3. Prefix caching hierarchy with well-tested variants for different use cases

So it's a 3-tier architecture. The biggest difference with Dynamo is that llm-d is using the inference gateway extension - https://github.com/kubernetes-sigs/gateway-api-inference-ext... - which brings Kubernetes owned APIs for managing model routing, request priority and flow control, LoRA support etc.

rdli•1y ago
I would think that that the NVidia Dynamo SDK (pipelines) is a big difference as well (https://github.com/ai-dynamo/dynamo/tree/main/deploy/sdk/doc...), or am I missing something?
Kemschumam•1y ago
What would be the benefit of this project over hosting VLLM in Ray?
smarterclayton•1y ago
That's a good example - I can at least answer about why it's a difference: different target user.

As I understand the Dynamo SDK it is about simplifying and helping someone get started with Dynamo on Kubernetes.

From the user set we work with (large inference deployers) that is not a high priority - they already have mature deployment opinions or a set of tools that would not compose well with something like the Dynamo SDK. Their comfort level with Kubernetes is moderate to high - either they use Kubernetes for high scale training and batch, or they are deploying to many different providers in order to get enough capacity and need a standard orchestration solution.
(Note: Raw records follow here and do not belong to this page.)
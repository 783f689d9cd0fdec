-- ===== src/Audit.antt =====
-- server/audit.py: audit lines, and the folding of refusals that anybody can cause before login.
-- Texts are lists of code points. The clock `time.monotonic()` is an argument, in milliseconds.
pub mod Line
pub mod Folding
pub mod Throttle
mod Tests
use wterm.Prelude.{
  ℕ, suc, ◌+◌, ◌-◌, ◌*◌, ◌≡◌, Bool, true, false, ◌||◌, Option, none, some, List, [], ◌∷◌, ◌++◌, map,
  ltb, leb, eqb, if◌then◌else◌, length, take, Text, codes, decimal, join, is_nil, second, nat_key,
  list_key, pair_key,
}
use wterm.OrderedDict.{OrderedDict, get, put, move_to_end, trim}

abbrev pub value_max : ℕ
value_max = 128

abbrev pub throttle_window : ℕ
throttle_window = 60 * second

abbrev pub throttle_keys : ℕ
throttle_keys = 256

-- What the callers pass as a field's value.
pub data Value : Type 0 where
  text : Text → Value
  number : ℕ → Value
  flag : Bool → Value

-- str(value)
unfoldable pub str : Value → Text
str (text t) = t
str (number n) = decimal n
str (flag true) = codes "True"
str (flag false) = codes "False"

-- the character class [\x00-\x1f\x7f]
unfoldable pub is_unsafe : ℕ → Bool
is_unsafe c = leb c 0x1f || eqb c 0x7f

unfoldable pub scrub : ℕ → ℕ
unfolding is_unsafe
scrub c = if is_unsafe c then b'?' else c

-- "…"
abbrev pub ellipsis : ℕ
ellipsis = 0x2026

unfoldable pub value_text : Text → Text
value_text shown =
    let clean = map scrub shown in
    if leb (length clean) value_max then clean else take value_max clean ++ ellipsis ∷ []

abbrev pub Fields : Type 0
Fields = List (Text × Option Value)

unfoldable pub shown_fields : Fields → List Text
shown_fields [] = []
shown_fields ((key, none) ∷ fields) = shown_fields fields
shown_fields ((key, some value) ∷ fields) =
    (key ++ (b'=' ∷ value_text (str value))) ∷ shown_fields fields

-- The line that `audit` writes.
unfoldable pub audit : Text → Fields → Text
unfolding shown_fields
audit event fields =
    let detail = join (b' ' ∷ []) (shown_fields fields) in
    if is_nil detail then event else event ++ (b' ' ∷ detail)

-- The list `[start, suppressed]` of a key.
pub record Slot : Type 0 where
  pub since : ℕ
  pub suppressed : ℕ

abbrev pub Key : Type 0
Key = Text × Text

abbrev pub Throttle : Type 0
Throttle = OrderedDict Key Slot

abbrev pub is_fresh : Option Slot → ℕ → Bool
is_fresh none now = false
is_fresh (some slot) now = ltb (now - slot.since) throttle_window

abbrev pub suppressed_so_far : Option Slot → ℕ
suppressed_so_far none = 0
suppressed_so_far (some slot) = slot.suppressed

abbrev pub count_one : Option Slot → Key → Throttle → Throttle
count_one none key table = table
count_one (some slot) key table = put key (record slot { suppressed = slot.suppressed + 1 }) table

-- The table after a call, and the number of folded calls that its line reports, if it writes one.
unfoldable pub fold_call : Key → ℕ → Throttle → Throttle × Option ℕ
fold_call key now table =
    let entry = get key table in
    if is_fresh entry now then (count_one entry key table, none) else (
      trim throttle_keys (move_to_end key (put key (record { since = now; suppressed = 0 }) table)),
      some (suppressed_so_far entry),
    )

-- `suppressed or None`
abbrev or_none : ℕ → Option Value
or_none n = if eqb n 0 then none else some (number n)

-- The table after the call, and the line that is written.
unfoldable pub audit_throttled : Text → Text → Text → Fields → ℕ → Throttle → Throttle × Option Text
unfolding fold_call audit
audit_throttled event client reason fields now table =
    let (table', written) = fold_call (client, reason) now table in
    (
      table',
      elim written [
        | none ↦ none
        | some n ↦ some (
            audit event (
              (codes "reason", some (text reason))
              ∷ (codes "client", some (text client))
              ∷ (fields ++ (codes "suppressed", or_none n) ∷ [])))
      ],
    )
llm-d focuses on helping achieve efficiency dynamically at runtime based on changing traffic or workload on Kubernetes - some of the things the Dynamo SDK encodes are static and upfront and would conflict with that objective. Also, large deployers with serving typically have significant batch and training and they are looking to maximize capacity use without impacting their prod serving. That requires the orchestrator to know about both workloads at some level - which Dynamo SDK would make more difficult.

rdli•1y ago
In this analogy, Dynamo is most definitely not like Django. It includes inference aware routing, KV caching, etc. -- all the stuff you would need to run a modern SOTA inference stack.
qntty•1y ago
You're right, I was confusing TensorRT with Dynamo. It looks like the relationship between Dynamo and vLLM is actually the opposite of what I was thinking -- Dynamo can use vLLM as a backend rather than vice versa.